Baseline Correction

Command: Preprocessing > Baseline Correction

Epina ImageLab offers several ways to correct the baseline of spectra: the user may select either from polynomial fits through pivot points, from a penalized spline through pivot points, from the Lieber algorithm [Lieber 2003] or from an asymmetric least squares approach (Eilers algorithm,[Eilers 2005]).

The basic idea behind the baseline correction (using polynomials and splines) is the construction of a baseline by interpolating up to 30 pivot points along the x-axis of the spectrum. The pivot points can be edited interactively (add, remove, adjust position) by clicking and/or dragging the pivot points directly in the spectrum. The y-value of each pivot point is determined by the mean of k neighboring values. The number of neighbors can be specified by the user ("Neighborhood" control). Further, the order of the polynomial and the "stiffness" of the spline can also be adjusted. Please note that the stiffness parameter allows you to vary the spline-based interpolation between a normal spline (stiffness = 0.0) and a linear regression line (stiffness = 1.0).

The algorithm of Lieber is an iterative one. It uses a polynomial interpolation of all data points, cutting all data points above the current interpolation curve and setting them to the corresponding points of the polynomial. After n iterations the algorithm converges forming a polynomial baseline of order d. Both the number of iterations n and the order of the polynomial d can be set by the user.

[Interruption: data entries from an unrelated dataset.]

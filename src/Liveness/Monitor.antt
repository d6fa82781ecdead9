-- ===== src/Liveness/Monitor.antt =====
-- The bookkeeping of the liveness monitor (public/workers/lean.worker.js, `createLiveness` to
-- `mailboxConfirm`). Times are milliseconds.
use Prim.Native.String.{String, ◌++◌ as str_append}
use text.Mathlib.Text.{◌==◌ as str_eq}
use qed.Common.{
  ℕ, ◌+◌, ◌-◌, Bool, true, false, not, ◌&&◌, ◌||◌, Option, none, some, List, [], ◌∷◌, ltb, leb,
  ◌==◌, if◌then◌else◌,
}
use qed.Common.Text.{ascii}
use qed.Common.Int.{eqb_ℤ}
use qed.Common.Json.{Json, null, bool, num, str, obj, field, end, get, text_of, is_text, is_some}
use qed.Frames.Encoder.{decimal}
use qed.FrontDoor.Step.{StatusPhase}
use qed.Edge.Keys.{starts_with}
use qed.Liveness.Types.{mailbox_pending, probe_prefix, Pending, Probe, Watch, Monitor}

-- Two keys of the map; arrays and objects of two messages are never the same.
abbrev pub same_id : Json → Json → Bool
same_id null null = true
same_id (bool true) (bool b) = b
same_id (bool false) (bool b) = not b
same_id (num a) (num b) = eqb_ℤ a b
same_id (str a) (str b) = str_eq a b
same_id _ _ = false

-- `outstanding.set(id, now)` and `outstanding.delete(id)`
abbrev pub set_pending : Json → ℕ → List Pending → List Pending
set_pending id now [] = record { id = id; at = now } ∷ []
set_pending id now (p ∷ ps) =
    let rest = set_pending id now ps in
    if same_id p.id id then record { id = p.id; at = now } ∷ ps else p ∷ rest

abbrev pub delete_pending : Json → List Pending → List Pending
delete_pending id [] = []
delete_pending id (p ∷ ps) =
    let rest = delete_pending id ps in if same_id p.id id then ps else p ∷ rest

abbrev pub tracked : Option Json → ℕ → Monitor → Monitor
tracked none now m = m
tracked (some id) now m = record m { outstanding = set_pending id now m.outstanding }

-- `livenessClientRequest`
unfoldable pub client_request : Monitor → Json → ℕ → Monitor
client_request m msg now =
    if is_some (text_of (get "method" msg)) && not (is_text (get "method" msg) "initialize")
    then tracked (get "id" msg) now m
    else m

-- The answer of a probe, and how long after its begin a stall ended.
pub record Seen : Type 0 where
  pub monitor : Monitor
  pub probe : Bool
  pub resumed_after_ms : Option ℕ

-- The frame ends a stall.
abbrev pub resumed : Monitor → ℕ → Monitor
resumed m now = if m.stalled_at == 0 then record m { last_frame_at = now } else record m {
  last_frame_at = now;
  stalled_at = 0;
  counters = record m.counters { resumed = m.counters.resumed + 1 };
}

abbrev pub without_probe : Option Probe → String → Option Probe
without_probe none id = none
without_probe (some p) id = if str_eq p.id id then none else some p

abbrev pub probe_answered : Monitor → String → Monitor
probe_answered m id = record m {
  probe = without_probe m.probe id;
  counters = record m.counters { answered = m.counters.answered + 1 };
}

-- An answer, with its id.
abbrev pub answered_text : Option String → Monitor → Monitor × Bool
answered_text none m = (m, false)
answered_text (some id) m =
    if starts_with probe_prefix id then (probe_answered m id, true) else (m, false)

abbrev pub answered : Option Json → Option Json → Monitor → Monitor × Bool
answered (some id) none m =
    answered_text (text_of (some id)) (record m { outstanding = delete_pending id m.outstanding })
answered _ _ m = (m, false)

-- `livenessServerFrame`
unfoldable pub server_frame : Monitor → Json → ℕ → Seen
server_frame m msg now =
    let a = answered (get "id" msg) (get "method" msg) (resumed m now) in
    record {
      monitor = a.0;
      probe = a.1;
      resumed_after_ms = if m.stalled_at == 0 then none else some (now - m.stalled_at);
    }

pub data Verdict : Type 0 where
  quiet : Verdict
  probe_it : Json → Verdict
  stall : ℕ → Verdict
  dead : ℕ → Verdict

-- Requests that were never answered are forgotten.
abbrev pub expire : ℕ → ℕ → List Pending → List Pending
expire ttl now [] = []
expire ttl now (p ∷ ps) =
    let rest = expire ttl now ps in if ltb ttl (now - p.at) then rest else p ∷ rest

abbrev pub some_pending : List Pending → Bool
some_pending [] = false
some_pending (p ∷ ps) = true

abbrev pub working : StatusPhase → Bool → Bool
working StatusPhase.elaborating doc_open = true
working StatusPhase.starting doc_open = doc_open
working _ doc_open = false

-- Something is owed to the client.
abbrev pub owed : Monitor → StatusPhase → Bool → Bool
owed m phase doc_open = working phase doc_open || some_pending m.outstanding || is_some m.probe

abbrev pub next_probe : Monitor → String
next_probe m = str_append probe_prefix (ascii (decimal (m.seq + 1)))

abbrev pub send_probe : Monitor → ℕ → Monitor × Verdict
send_probe m now = (
  record m {
    seq = m.seq + 1;
    probe = some (record { id = next_probe m; sent_at = now });
    counters = record m.counters { probes = m.counters.probes + 1 };
  },
  probe_it (
      obj (
        field "jsonrpc" (str "2.0") (
          field "id" (str (next_probe m))
            (field "method" (str "$/qed64/liveness") (field "params" (obj end) end))))),
)

abbrev pub later : ℕ → ℕ → ℕ
later a b = if leb a b then b else a

abbrev pub stalled : Monitor → ℕ → Monitor × Verdict
stalled m now = (
  record m { stalled_at = now; counters = record m.counters { stalls = m.counters.stalls + 1 } },
  stall (now - m.last_frame_at),
)

-- The watch on a probe that is out, or the next one.
abbrev pub tick_probe : Option Probe → Monitor → ℕ → Monitor × Verdict
tick_probe none m now =
    if ltb (now - m.last_frame_at) m.cfg.probe_after_ms then (m, quiet) else send_probe m now
tick_probe (some p) m now =
    if leb m.cfg.wedge_after_ms (now - later p.sent_at m.last_frame_at)
    then stalled m now
    else (m, quiet)

abbrev pub tick_owed : Monitor → ℕ → Monitor × Verdict
tick_owed m now = if m.stalled_at == 0 then tick_probe m.probe m now else (
  m,
  if leb m.cfg.grace_ms (now - m.stalled_at) then dead (now - m.last_frame_at) else quiet,
)

-- `livenessTick`
unfoldable pub tick : Monitor → ℕ → StatusPhase → Bool → Monitor × Verdict
tick m now phase doc_open =
    let kept = record m { outstanding = expire m.cfg.request_ttl_ms now m.outstanding } in
    if owed kept phase doc_open then tick_owed kept now else (kept, quiet)

-- What the runtime mailbox needs.
pub data Mail : Type 0 where
  nothing kick watch_it delivered retry rescue : Mail

abbrev pub is_pending : Option ℕ → Bool
is_pending none = false
is_pending (some w) = w == mailbox_pending

-- `mailboxTick`
abbrev pub mailbox_unwatched : Option Watch → Monitor → Option ℕ → ℕ → ℕ → Monitor × Mail
mailbox_unwatched (some w) m word notified now = (m, nothing)
mailbox_unwatched none m word notified now =
    if is_pending word
    then (record m { watch = some (record { at = now; notified = notified }) }, watch_it)
    else (m, kick)

unfoldable pub mailbox_tick : Monitor → Option ℕ → ℕ → ℕ → Monitor × Mail
mailbox_tick m word notified now = mailbox_unwatched m.watch m word notified now

abbrev pub confirm_late : Monitor → ℕ → ℕ → Monitor × Mail
confirm_late m notified now =
    if leb 3 m.watch_retries then (record m { watch_retries = 0 }, kick) else (
      record m {
        watch_retries = m.watch_retries + 1;
        watch = some (record { at = now; notified = notified });
      },
      retry,
    )

-- `mailboxConfirm`
abbrev pub confirm_watch : Option Watch → Monitor → Option ℕ → ℕ → ℕ → Monitor × Mail
confirm_watch none m word notified now = (m, nothing)
confirm_watch (some w) m word notified now =
    if not (notified == w.notified) || not (is_pending word)
    then (record m { watch_retries = 0 }, delivered)
    else if ltb (m.cfg.confirm_ms + m.cfg.late_timer_ms) (now - w.at)
    then confirm_late m notified now
    else (
      record m {
        watch_retries = 0;
        counters = record m.counters { rescues = m.counters.rescues + 1 };
      },
      rescue,
    )

unfoldable pub mailbox_confirm : Monitor → Option ℕ → ℕ → ℕ → Monitor × Mail
mailbox_confirm m word notified now =
    confirm_watch m.watch (record m { watch = none }) word notified now
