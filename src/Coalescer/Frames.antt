-- ===== src/Coalescer/Frames.antt =====
-- The frames of lib/edit-coalescer.ts, and how they are told apart.
use Prim.Native.String.{String}
use qed.Common.{
  Bool, true, false, not, ◌&&◌, ◌||◌, Option, none, some, List, [], ◌∷◌, if◌then◌else◌,
}
use qed.Common.Lists.{any}
use qed.Common.Json.{Json, Items, nil, cons, get, get_in, items_of, text_of, is_some}
use qed.FrontDoor.Machine.{has_method, text_document, did_open, did_change}
use qed.Liveness.Monitor.{same_id}

-- `contentChanges` of one change that is the whole text.
abbrev is_whole_text : Option Items → Bool
is_whole_text (some (cons c nil)) =
    is_some (text_of (get "text" c)) && not (is_some (get "range" c))
is_whole_text _ = false

unfoldable pub is_full_text_change : Json → Bool
is_full_text_change msg =
    has_method msg did_change
    && is_whole_text (items_of (get_in (get "params" msg) "contentChanges"))

-- `uriOf`
abbrev pub uri_of : Json → Option Json
uri_of msg = get_in (text_document msg) "uri"

-- `a === b`, where `none` is `undefined`; two objects of two frames are never the same.
abbrev pub same_value : Option Json → Option Json → Bool
same_value none none = true
same_value (some a) (some b) = same_id a b
same_value _ _ = false

unfoldable pub is_keep_alive : Json → Bool
is_keep_alive msg = has_method msg "$/lean/rpc/keepAlive" && not (is_some (get "id" msg))

-- What a `$/cancelRequest` notification names.
unfoldable pub cancel_target : Json → Option Json
cancel_target msg =
    if has_method msg "$/cancelRequest" && not (is_some (get "id" msg))
    then get_in (get "params" msg) "id"
    else none

-- Frames that never wait behind a held change.
unfoldable pub is_barrier : Json → Bool
is_barrier msg =
    has_method msg did_open
    || has_method msg "textDocument/didClose"
    || (has_method msg did_change && not (is_full_text_change msg))

abbrev pub superseded_methods : List String
superseded_methods =
    "textDocument/semanticTokens/full" ∷ "textDocument/semanticTokens/full/delta"
    ∷ "textDocument/semanticTokens/range" ∷ "textDocument/completion" ∷ []

unfoldable pub is_superseded_method : Json → Bool
is_superseded_method msg = any (has_method msg) superseded_methods

-- SUPERSEDED (-32801) and CANCELLED (-32800)
pub data Refusal : Type 0 where
  superseded cancelled : Refusal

In many cases the best way to correct the baseline is the asymmetric least squares approach developed my Eilers et al. However the Eilers algorithm is the slowest of all options, for large images it would be a good idea to run the correction overnight. The basic idea of this approach is to weight low intensities more strongly than high intensities ("Asymmetry" control). Together with a regularisation parameter ("Smoothness") this algorithm generates a smooth baseline which adapts itself to the given data. Typical values for the two parameters are 0.001 for Asymmetry and 100000 for Smoothness.

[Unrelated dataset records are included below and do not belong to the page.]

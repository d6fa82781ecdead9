-- ===== src/Coalescer/Machine.antt =====
-- The state of `createEditCoalescer` (lib/edit-coalescer.ts) and its inner functions. A timer is the
-- time at which it fires; the clock is an argument. `forward`, `reject` and `onEvent` are the list
-- `out` of what they were called with, in order.
use qed.Common.{
  ℕ, ◌+◌, ◌-◌, Bool, false, not, ◌&&◌, ◌||◌, Option, none, some, List, [], ◌∷◌, ◌++◌, ltb, leb,
  ◌==◌, if◌then◌else◌,
}
use qed.Common.Lists.{length, any}
use qed.Common.Json.{Json, get, is_some}
use qed.FrontDoor.Machine.{is_request}
use qed.Liveness.Monitor.{same_id}
use qed.Coalescer.Frames.{is_keep_alive, Refusal}

-- The window and the back-pressure options; `min_free`, `max_hold`, `memory` and `max_in_flight` are
-- the defaults where none is given.
pub record Options : Type 0 where
  pub ms : ℕ
  pub min_free : ℕ
  pub max_hold : ℕ
  pub memory : ℕ
  pub max_in_flight : ℕ

abbrev pub default_options : Options
default_options = record {
  ms = 300;
  min_free = 6;
  max_hold = 5000;
  memory = 1000;
  max_in_flight = 6;
}

-- `unused` is `none` where the pool was not measured (-1).
pub record PoolSample : Type 0 where
  pub unused : Option ℕ
  pub running : Option ℕ

pub data Kind : Type 0 where
  hold_began pool_released hold_capped slot_waited : Kind

pub data Effect : Type 0 where
  forwarded : Json → Bool → Effect
  rejected : Json → Refusal → Effect
  noted : Kind → Option ℕ → Effect

pub record Queued : Type 0 where
  pub msg : Json
  pub seq : ℕ

-- `last_pressured_at` is `none` for -Infinity. `window`, `cap` and `recheck` are the three timers.
pub record Coalescer : Type 0 where
  pub held : Option Json
  pub queue : List Queued
  pub change_seq : ℕ
  pub pending : List Json
  pub window : Option ℕ
  pub cap : Option ℕ
  pub recheck : Option ℕ
  pub held_since : ℕ
  pub pool : Option PoolSample
  pub last_pressured_at : Option ℕ
  pub disposed : Bool
  pub out : List Effect

abbrev pub create : Coalescer
create = record {
  held = none;
  queue = [];
  change_seq = 0;
  pending = [];
  window = none;
  cap = none;
  recheck = none;
  held_since = 0;
  pool = none;
  last_pressured_at = none;
  disposed = false;
  out = [];
}

abbrev pub few_unused : Option ℕ → ℕ → Bool
few_unused none min_free = false
few_unused (some n) min_free = ltb n min_free

-- A measured sample with too few free workers.
abbrev pub sampled : Options → Option PoolSample → Bool
sampled o none = false
sampled o (some p) = few_unused p.unused o.min_free

abbrev pub remembers : Options → Option ℕ → ℕ → Bool
remembers o none now = false
remembers o (some at) now = ltb (now - at) o.memory

unfoldable pub pressured : Options → Coalescer → ℕ → Bool
pressured o s now = sampled o s.pool || remembers o s.last_pressured_at now

unfoldable pub slot_free : Options → Coalescer → Bool
slot_free o s = o.max_in_flight == 0 || ltb (length s.pending) o.max_in_flight

abbrev pub emit : Effect → Coalescer → Coalescer
emit e s = record s { out = s.out ++ e ∷ [] }

abbrev pub forward : Json → Bool → Coalescer → Coalescer
forward m replay s = emit (forwarded m replay) s

abbrev pub end_hold : Coalescer → Coalescer
end_hold s = record s { cap = none; recheck = none }

abbrev pub later : ℕ → ℕ → ℕ
later a b = if leb a b then b else a

abbrev pub expiry : Options → Option ℕ → ℕ → ℕ
expiry o none now = now
expiry o (some at) now = later now (at + o.memory)

abbrev pub schedule_recheck : Options → ℕ → Coalescer → Coalescer
schedule_recheck o now s = record s { recheck = some (expiry o s.last_pressured_at now) }

-- `pending.add(id)` and `pending.delete(id)` on a set
abbrev pub add_pending : Option Json → List Json → List Json
add_pending none ids = ids
add_pending (some id) ids = if any (same_id id) ids then ids else ids ++ id ∷ []

abbrev pub remove_pending : Json → List Json → List Json
remove_pending id [] = []
remove_pending id (x ∷ xs) =
    let rest = remove_pending id xs in if same_id id x then xs else x ∷ rest

unfoldable pub admit : Options → Json → Coalescer → Coalescer
admit o m s =
    if not (o.max_in_flight == 0) && is_request m
    then forward m false (record s { pending = add_pending (get "id" m) s.pending })
    else forward m false s

unfoldable pub send_change : Options → ℕ → Json → Coalescer → Coalescer
send_change o now m s = forward m false (record s { window = some (now + o.ms) })

-- The keep-alives behind a request that waits go now.
abbrev pub keep_alives : List Queued → Coalescer → Coalescer
keep_alives [] s = s
keep_alives (x ∷ xs) s =
    let gone = keep_alives xs (forward x.msg false s) in
    let kept = keep_alives xs (record s { queue = s.queue ++ x ∷ [] }) in
    if is_keep_alive x.msg then gone else kept

-- `drain`, with the queue still to go.
abbrev pub drain_on : Options → List Queued → Coalescer → Coalescer
drain_on o [] s = record s { queue = [] }
drain_on o (x ∷ xs) s =
    let admitted = drain_on o xs (admit o x.msg s) in
    if is_request x.msg && not (slot_free o s)
    then keep_alives xs (record s { queue = x ∷ [] })
    else admitted

unfoldable pub drain : Options → Coalescer → Coalescer
drain o s = if is_some s.held then s else drain_on o s.queue s

-- The held change goes, if there is one.
abbrev pub send_held : Options → ℕ → Option Json → Coalescer → Coalescer
send_held o now none s = s
send_held o now (some m) s = send_change o now m (record s { held = none })

unfoldable pub release : Options → ℕ → Coalescer → Coalescer
release o now s = drain o (send_held o now s.held (end_hold s))

abbrev pub admit_all : Options → List Queued → Coalescer → Coalescer
admit_all o [] s = s
admit_all o (x ∷ xs) s = admit_all o xs (admit o x.msg s)

unfoldable pub flush_all : Options → ℕ → Coalescer → Coalescer
flush_all o now s =
    let gone = send_held o now s.held (end_hold s) in
    admit_all o s.queue (record gone { queue = [] })

unfoldable pub hold : Options → ℕ → Coalescer → Coalescer
hold o now s =
    let armed = record s { held_since = now; cap = some (now + o.max_hold) } in
    emit (noted hold_began none) (if sampled o s.pool then armed else schedule_recheck o now armed)

-- The timers' functions.
unfoldable pub capped : Options → ℕ → Coalescer → Coalescer
capped o now s =
    release o now (emit (noted hold_capped (some (now - s.held_since))) (record s { cap = none }))

unfoldable pub tick : Options → ℕ → Coalescer → Coalescer
tick o now s =
    let closed = record s { window = none } in
    if not (is_some s.held)
    then closed
    else if pressured o closed now
    then hold o now closed
    else release o now closed

-- A hold that is no longer justified ends.
abbrev pub release_drained : Options → ℕ → Coalescer → Coalescer
release_drained o now s =
    if is_some s.cap && not (pressured o s now)
    then release o now (emit (noted pool_released (some (now - s.held_since))) s)
    else s

unfoldable pub rechecked : Options → ℕ → Coalescer → Coalescer
rechecked o now s = release_drained o now (record s { recheck = none })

In order to perform a baseline correction of a multisensor dataset, you have to select the spectra which the correction should be applied to. Further Epina ImageLab allows you to restrict the baseline correction to a certain range of the spectrum. The range to be processed can be adjusted for each spectral group of the multisensor dataset separately.

How To:
  1. Select the baseline type
  2. Set the parameters of the baseline
  3. If you selected the polynomial or spline fit, specifiy the pivot points by moving/deleting/adding pivots. In general pivot points should be placed in parts of the spectrum where none of the pixels shows a peak.
  4. In the case of polynomial or spline fits: don't forget to take a look at the other pixels by moving the crosshair in the Raw Data plot on the top right. The selected pivots might not be the best solution for all areas of the hyperspectral image.
  5. Click the "Apply" button.

Hint: The baseline correction algorithm is prepared to be executed in parallel on multi-core processors. The increase in speed corresponds roughly to the number of CPU cores in your system (a four core system will be faster by a factor of 4). You can fine-tune the assigned processing power in the preferences of the program (see the option Allowed CPU Usage in Multiprocessor Systems).